The transformation from human/animal power to machine power for physical work.

  • First Wave: Steam engines and railways (1760s-1850s)

    • Built by entrepreneurs and speculators
    • Massive financial bubbles and crashes
    • Railway Mania: wild overbuilding, spectacular bankruptcies
    • Result: Physical transportation infrastructure
  • Second Wave: Electricity and electrification (1880s-1920s)

    • Deployed by established corporations (GE, Westinghouse)
    • Methodical infrastructure investment
    • Gradual consolidation into utility monopolies
    • Result: Distributed power infrastructure

The Intelligence Revolution (1940s-present)

The transformation from human thinking to machine processing for information work.

  • First Wave: Computers and the internet (1940s-2000s)

    • Built by startups and venture capital
    • Massive financial bubble (dot-com crash)
    • Garage entrepreneurs, PowerPoint decks, spectacular failures
    • Result: Information transportation infrastructure
  • Second Wave: AI and machine intelligence (2010s-present)

    • Deployed by tech giants (Microsoft, Google, Meta, Amazon)
    • Strategic infrastructure investment by profitable corporations
    • Gradual consolidation expected
    • Result: Intelligence processing infrastructure

The key insight: We’re not in another dot-com bubble. We’re in the electricity phase of the Intelligence Revolution. The financial dynamics, competitive landscape, and likely outcomes are completely different.

1840s Britain: When the Madness Began

Picture London in 1844. The air thick with coal smoke, horse-drawn carriages clattering through narrow streets, and in every coffee house, pub, and drawing room—a new kind of fever spreading.

Railway fever.

The first successful passenger railways had proved themselves. The Liverpool and Manchester Railway was printing money. Suddenly, everyone wanted in. Aristocrats, merchants, clerks, washerwomen—all scrambling to invest in railway schemes.

Here’s where it gets wild: In just five years (1844-1849), Parliament authorized the construction of 9,500 miles of railway. To put that in perspective, Britain built more railway in those five years than exists in the entire London Underground system today—multiple times over.

The money involved was staggering. At the peak of Railway Mania in 1846, railway investments represented 6.7% of Britain’s entire GDP. Today, that would be equivalent to spending roughly $1.7 trillion in a single year on one technology.

And here’s the part that should sound familiar: most of these railway companies were burning through capital faster than steam locomotives burned coal. About a third of the authorized railways were never even built. Investors lost fortunes. Companies collapsed spectacularly.

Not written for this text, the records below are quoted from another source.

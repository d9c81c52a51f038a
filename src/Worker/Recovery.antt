-- ===== src/Worker/Recovery.antt =====
-- From a backlog to ended deliveries: the recovery task and the worker.
use mathlib.Core.List.{append-nil}
use webhook_delivery_service.Base.{
  ℕ, zero, suc, ◌≤◌, ◌≡◌, refl, ap, sym, ◌∙◌, subst, true, false, some, List, [], ◌∷◌, ◌++◌, map,
  length, arith, any, All, All-mono, All-zip, All-select, select, select_holds, take_short,
  Distinct, same_id, ◌==◌, or_false,
}
use webhook_delivery_service.Base.Sort.{All-of_order_by, order_by, order_by-All, length-order_by}
use webhook_delivery_service.Models.{Uuid, Datetime, Delivery}
use webhook_delivery_service.Tasks.{Task}
use webhook_delivery_service.Database.{Database}
use webhook_delivery_service.Database.Valid.{IsValid}
use webhook_delivery_service.Queries.{
  is_due, retry_before, list_due_pending_deliveries, get_active_endpoint_for_tenant,
}
use webhook_delivery_service.Delivery.Attempt.{Hmac}
use webhook_delivery_service.Delivery.Recovery.{send_stuck_deliveries, requeue_task}
use webhook_delivery_service.Delivery.Recovery.Due.{All-lookup_self}
use webhook_delivery_service.Delivery.Recovery.Listed.{list_due-Distinct, any-order_by}
use webhook_delivery_service.Delivery.Once.{Run, deliver_to_endpoint_once}
use webhook_delivery_service.Delivery.Once.Claim.{lookup_delivery}
use webhook_delivery_service.Delivery.Once.Invariant.{deliver_to_endpoint_once-IsValid}
use webhook_delivery_service.Worker.{Turn, Drained, step, drain}
use webhook_delivery_service.Worker.Visit.{IsWilling}
use webhook_delivery_service.Worker.Backlog.{outcome, endpoint_of, IsDone, visit-IsDone}

-- The row has ended: as a success if its endpoint was active before, else as `failed`.
abbrev pub HasEnded : Database → Database → Delivery → Type 0
HasEnded before after d =
    (d' : Delivery) × (lookup_delivery d.id after ≡ some d')
    × (d'.status ≡ outcome (endpoint_of before d))

-- The queue is empty, the rows have ended, and no other row was touched.
pub record IsRecovered (db : Database) (rows : List Delivery) (out : Drained) : Type 0 where
  pub finished : out.queue ≡ []
  pub ended : All (HasEnded db out.database) rows
  pub kept :
      (j : Uuid)
      → any (λ d. d.id == j) rows ≡ false
      → lookup_delivery j out.database ≡ lookup_delivery j db

abbrev Waits : Datetime → Database → Delivery → Type 0
Waits now db d = (lookup_delivery d.id db ≡ some d) × (is_due now d ≡ true)

pub not_among :
    (d : Delivery) (rows : List Delivery)
    → any (same_id (λ x. x.id) d) rows ≡ false
    → any (λ x. x.id == d.id) rows ≡ false
not_among d [] h = refl
not_among d (x ∷ rows) h =
    let (first, later) = or_false (d.id == x.id) (any (same_id (λ y. y.id) d) rows) h in
    let other : (x.id == d.id) ≡ false = ground (arith, first) in rw other (not_among d rows later)

Waits-kept :
    (now : Datetime) (db db' : Database) (d : Delivery)
    → ((j : Uuid) → (d.id == j) ≡ false → lookup_delivery j db' ≡ lookup_delivery j db)
    → (rows : List Delivery) → any (same_id (λ x. x.id) d) rows ≡ false
    → All (Waits now db) rows
    → All (Waits now db') rows
Waits-kept now db db' d kept [] h ready = tt
Waits-kept now db db' d kept (x ∷ rows) h ready =
    let (first, later) = or_false (d.id == x.id) (any (same_id (λ y. y.id) d) rows) h in
    ((kept x.id first ∙ ready.0.0, ready.0.1), Waits-kept now db db' d kept rows later ready.1)

same_endpoint :
    (db db' : Database) (d : Delivery)
    → db'.endpoints ≡ db.endpoints
    → endpoint_of db' d ≡ endpoint_of db d
unfolding get_active_endpoint_for_tenant
same_endpoint db db' d e = rw e refl

step-IsRecovered :
    (turns : ℕ → Turn) (rest : ℕ → Database → List Task → Drained) (n : ℕ) (d : Delivery)
    (rows : List Delivery) (db : Database) (queue : List Task) (run : Run)
    → any (same_id (λ x. x.id) d) rows ≡ false
    → IsDone db d run
    → IsRecovered run.database rows (rest (suc n) run.database queue)
    → IsRecovered db (d ∷ rows) (step turns rest n queue run)
step-IsRecovered turns rest n d rows db queue run alone v later =
    let same : queue ++ run.dispatched ≡ queue =
      ap (λ ts. queue ++ ts) v.dispatched ∙ append-nil queue in
    let r =
      subst (λ q. IsRecovered run.database rows (rest (suc n) run.database q)) (sym same) later in
    record {
      finished = r.finished;
      ended = (
        (v.delivery, r.kept d.id (not_among d rows alone) ∙ v.found, v.ended),
        All-mono _ _
            (λ x h. (h.0, h.1, h.2 ∙ ap outcome (same_endpoint db run.database x v.endpoints))) rows
            r.ended,
      );
      kept = λ j h.
          let parts = or_false (d.id == j) (any (λ x. x.id == j) rows) h in
          r.kept j parts.1 ∙ v.others_kept j parts.0;
    }

module _ (hmac : Hmac) (turns : ℕ → Turn) (now : Datetime)
    (w : (i : ℕ) → IsWilling hmac (turns i).surroundings)
    (late : (i : ℕ) → now ≤ (turns i).surroundings.claim_now) where
  drain-IsRecovered :
      (fuel n : ℕ) (rows : List Delivery) (db : Database)
      → length rows ≤ fuel
      → IsValid db
      → All (Waits now db) rows
      → Distinct (same_id (λ d. d.id)) rows
      → IsRecovered db rows (drain turns fuel n db (map requeue_task rows))
  unfolding drain
  drain-IsRecovered zero n [] db le v ready alone = record {
    finished = refl;
    ended = tt;
    kept = λ j h. refl;
  }
  drain-IsRecovered (suc fuel) n [] db le v ready alone = record {
    finished = refl;
    ended = tt;
    kept = λ j h. refl;
  }
  drain-IsRecovered zero n (d ∷ rows) db le v ready alone = absurd (omega (arith, le))
  drain-IsRecovered (suc fuel) n (d ∷ rows) db le v ready alone =
      let s = (turns n).surroundings in
      let run = deliver_to_endpoint_once s db d.id d.tenant_id in
      let done = visit-IsDone hmac s db d (w n) v ready.0.0 ready.0.1 (late n) in
      step-IsRecovered turns (drain turns fuel) n d rows db (map requeue_task rows) run alone.0 done
        (drain-IsRecovered fuel (suc n) rows run.database (omega (arith, le))
          (deliver_to_endpoint_once-IsValid s db v d.id d.tenant_id)
          (Waits-kept now db run.database d done.others_kept rows alone.0 ready.1) alone.1)

-- The recovery empties the backlog: in a well-formed database in which no more rows are due than fit into a batch,
-- a worker that runs alone, with clocks that are not behind the recovery's, takes one task for each of these rows;
-- where every endpoint accepts, the queue is then empty and each row that was due has ended, as a success if its
-- endpoint was active and as `failed` if not, and no other row was changed.
pub backlog-IsRecovered :
    (hmac : Hmac) (turns : ℕ → Turn) (db : Database) (now : Datetime) (batch_size fuel : ℕ)
    → IsValid db
    → length (select (is_due now) db.deliveries) ≤ batch_size
    → ((i : ℕ) → IsWilling hmac (turns i).surroundings)
    → ((i : ℕ) → now ≤ (turns i).surroundings.claim_now)
    → length (select (is_due now) db.deliveries) ≤ fuel
    → IsRecovered db
        (select (is_due now) db.deliveries)
        (drain turns fuel 0 db (send_stuck_deliveries now batch_size db).0)
unfolding send_stuck_deliveries list_due_pending_deliveries
backlog-IsRecovered hmac turns db now batch_size fuel v few w late enough =
    let due = select (is_due now) db.deliveries in
    let before = λ (a b : Delivery). retry_before a.next_retry_at b.next_retry_at in
    let rows = order_by before due in
    let all_rows : list_due_pending_deliveries db now batch_size ≡ rows =
      take_short batch_size rows (omega (arith, length-order_by before due)) in
    let waiting : All (Waits now db) due =
      All-zip (λ d. lookup_delivery d.id db ≡ some d) (λ d. is_due now d ≡ true) (Waits now db)
        (λ d found h. (found, h)) due
        (All-select _ (is_due now) db.deliveries
          (All-lookup_self db.deliveries v.deliveries_distinct))
        (select_holds (is_due now) db.deliveries) in
    let out = drain turns fuel 0 db (map requeue_task rows) in
    let r =
      drain-IsRecovered hmac turns now w late fuel 0 rows db
        (omega (arith, enough, length-order_by before due)) v
        (order_by-All before (Waits now db) due waiting)
        (subst (λ ds. Distinct (same_id (λ d. d.id)) ds) all_rows
          (list_due-Distinct db now batch_size v)) in
    subst (λ ds. IsRecovered db due (drain turns fuel 0 db (map requeue_task ds))) (sym all_rows)
      (record {
        finished = r.finished;
        ended = All-of_order_by before (HasEnded db out.database) due r.ended;
        kept = λ j h. r.kept j (any-order_by before (λ d. d.id == j) due h);
      })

It looked, by every measure, like disaster.

The Infrastructure Paradox

But something strange happened after the bubble burst.

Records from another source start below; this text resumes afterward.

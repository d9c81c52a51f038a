-- ===== src/Worker/Work.antt =====
-- The work that is left for a worker, and what a delivery task leaves of it, whatever the endpoint answers.
use webhook_delivery_service.Base.{
  ℕ, ◌+◌, ◌-◌, ◌*◌, ◌≤◌, ◌≡◌, refl, ap, sym, ◌∙◌, subst, true, false, some, List, [], ◌∷◌, ◌++◌,
  length, arith, any, lookup, replace, Distinct, same_id, ◌==◌, ==→eq, Bool-cases, inl, inr, String,
}
use mathlib.Core.Option.{some-injective}
use webhook_delivery_service.Models.{Uuid, Tenant, Endpoint, Event, Delivery}
use webhook_delivery_service.Tasks.{Task, deliver_event, deliver_to_endpoint}
use webhook_delivery_service.Database.{Database, update_delivery}
use webhook_delivery_service.Database.Valid.{IsValid}
use webhook_delivery_service.Delivery.Attempt.{
  Reading, Reply, response, request_exception, after_reply, post_and_record, build_request,
}
use webhook_delivery_service.Delivery.Attempt.Lifecycle.{post_and_record-IsAttempted}
use webhook_delivery_service.Delivery.Once.{
  Surroundings, Run, attempt, give_up, given_up, commit_delivery, deliver_to_endpoint_once,
}
use webhook_delivery_service.Worker.Recovery.{not_among}
use webhook_delivery_service.Delivery.Once.Claim.{lookup_delivery, IsClaimed}
use webhook_delivery_service.Delivery.Once.Commit.{stamped, commit_tables}
use webhook_delivery_service.Delivery.Once.Cases.{once_cases, IsLookedUp}

-- The retries that a row can still have.
abbrev pub retries_left : Delivery → ℕ
retries_left d = 3 - d.attempt_number

abbrev pub all_retries : List Delivery → ℕ
all_retries [] = 0
all_retries (d ∷ ds) = retries_left d + all_retries ds

-- The tasks that one task stands for at most: an event's are itself and four for each endpoint.
abbrev pub weight : List Endpoint → Task → ℕ
weight es (deliver_event event_id tenant_id key queue) = 1 + 4 * length es
weight es (deliver_to_endpoint id tenant_id queue countdown) = 1

abbrev pub weigh : List Endpoint → List Task → ℕ
weigh es [] = 0
weigh es (t ∷ ts) = weight es t + weigh es ts

-- The tasks that are left, with those that will come.
abbrev pub work : Database → List Task → ℕ
work db queue = weigh db.endpoints queue + all_retries db.deliveries

pub weight-pos : (es : List Endpoint) (t : Task) → 1 ≤ weight es t
weight-pos es (deliver_event event_id tenant_id key queue) = omega arith
weight-pos es (deliver_to_endpoint id tenant_id queue countdown) = omega arith

pub weigh-append :
    (es : List Endpoint) (xs ys : List Task) → weigh es (xs ++ ys) ≡ weigh es xs + weigh es ys
weigh-append es [] ys = omega arith
weigh-append es (x ∷ xs) ys = omega (arith, weigh-append es xs ys)

-- One more attempt costs the retry that it may send.
after_reply-spends :
    (es : List Endpoint) (reading : Reading) (tenant_id : Uuid) (r : Reply) (d : Delivery)
    → let out =
        after_reply reading tenant_id r (record d { attempt_number = d.attempt_number + 1 }) in
      weigh es out.1 + retries_left out.0 ≤ retries_left d
unfolding after_reply
after_reply-spends es reading tenant_id (response code body) d = ground arith
after_reply-spends es reading tenant_id (request_exception message) d = ground arith

-- The row with the id of `d'` is replaced.
missed_retries :
    (d' : Delivery) (xs : List Delivery)
    → any (λ x. x.id == d'.id) xs ≡ false
    → all_retries (replace (λ x. x.id) d' xs) ≡ all_retries xs
missed_retries d' [] h = refl
missed_retries d' (x ∷ xs) h = ground (arith, missed_retries d' xs)

replaced_retries :
    (d' : Delivery) (xs : List Delivery) {d : Delivery}
    → Distinct (same_id (λ x. x.id)) xs
    → lookup (λ x. x.id) d'.id xs ≡ some d
    → all_retries (replace (λ x. x.id) d' xs) + retries_left d ≡ all_retries xs + retries_left d'
replaced_retries d' [] h found = cc
replaced_retries d' (x ∷ xs) {d} h found = elim (Bool-cases (x.id == d'.id)) [
  | inl hit ↦
      let same : x ≡ d = some-injective x d (rw hit at found) in
      let missed = missed_retries d' xs (
        subst (λ k. any (λ (y : Delivery). y.id == k) xs ≡ false) (==→eq x.id d'.id hit)
          (not_among x xs h.0)) in
      rw hit (omega (arith, missed, ap retries_left same))
  | inr miss ↦ rw miss (omega (arith, replaced_retries d' xs h.1 (rw miss at found)))
]

module _ (s : Surroundings) (db : Database) (id tenant_id : Uuid) (v : IsValid db)
    (commits : s.commits ≡ true) where
  -- A run of a delivery task leaves no more work than there was, itself not counted.
  abbrev pub Spends : Run → Type 0
  Spends r =
      (r.database.endpoints ≡ db.endpoints)
      × (weigh db.endpoints r.dispatched + all_retries r.database.deliveries
          ≤ all_retries db.deliveries)

  committed_retries :
      (d d' : Delivery)
      → IsClaimed db id tenant_id d
      → d'.id ≡ d.id
      → all_retries (commit_delivery s db d').deliveries + retries_left d
        ≡ all_retries db.deliveries + retries_left d'
  unfolding commit_delivery update_delivery
  committed_retries d d' c same = rw commits (
      replaced_retries (stamped s d') db.deliveries v.deliveries_distinct
        (subst (λ k. lookup_delivery k db ≡ some d) (sym (same ∙ c.same_id)) c.found))

  give_up-Spends :
      (d : Delivery)
      → IsClaimed db id tenant_id d
      → (message : String) → Spends (give_up s db message d)
  give_up-Spends d c message = (
    (commit_tables s db (given_up message d)).1,
    omega (arith, committed_retries d (given_up message d) c refl),
  )

  attempt-Spends :
      (d : Delivery) (endpoint : Endpoint) (event : Event) (tenant : Tenant)
      → IsClaimed db id tenant_id d
      → IsLookedUp db tenant_id d endpoint event tenant
      → Spends (attempt s db tenant_id d endpoint event tenant)
  unfolding post_and_record
  attempt-Spends d endpoint event tenant c l =
      let request = build_request s.hmac tenant.signing_secret endpoint event in
      let d' = (post_and_record s.client s.reading request tenant_id d).0 in
      let a = post_and_record-IsAttempted s.client s.reading request tenant_id d in
      (
        (commit_tables s db d').1,
        omega (
          arith,
          committed_retries d d' c a.same_id,
          after_reply-spends db.endpoints s.reading tenant_id (s.client request) d,
        ),
      )

  pub once-Spends : Spends (deliver_to_endpoint_once s db id tenant_id)
  once-Spends =
      once_cases Spends s db id tenant_id give_up-Spends attempt-Spends v (refl, omega arith)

Yes, investors lost money. Yes, railway companies went bankrupt. Yes, the financial wreckage was enormous. But when the dust settled around 1850, Britain found itself with something unprecedented: a 6,000-mile, gleaming railway network that formed the backbone of its transportation system.

The infrastructure survived the financial catastrophe.

This is the paradox that repeats throughout history: Financial bubbles in infrastructure create lasting value even when they destroy investors.

Think about what those railways meant for Britain. Suddenly, coal from Newcastle could reach factories in Birmingham in hours instead of days. Fresh fish from coastal towns could reach London markets while still fresh. People who’d never traveled more than ten miles from their birthplace could visit other cities.

The railway network didn’t care that the companies that built it went bankrupt. The physical infrastructure—the rails, the bridges, the stations—remained valuable. Someone would use it. Someone would profit from it.

Just not the original investors.

The Pattern Emerges: Five Universal Truths

Once you see the Railway Mania pattern, you start noticing it everywhere throughout history. Let me share the five truths that emerge again and again:

Truth 1: Infrastructure Survives Financial Failure

The railway companies failed, but the railways remained. This happens because infrastructure has intrinsic, enduring utility. A railway isn’t like a speculative stock—it’s a physical asset that enables economic activity whether or not the company that built it still exists.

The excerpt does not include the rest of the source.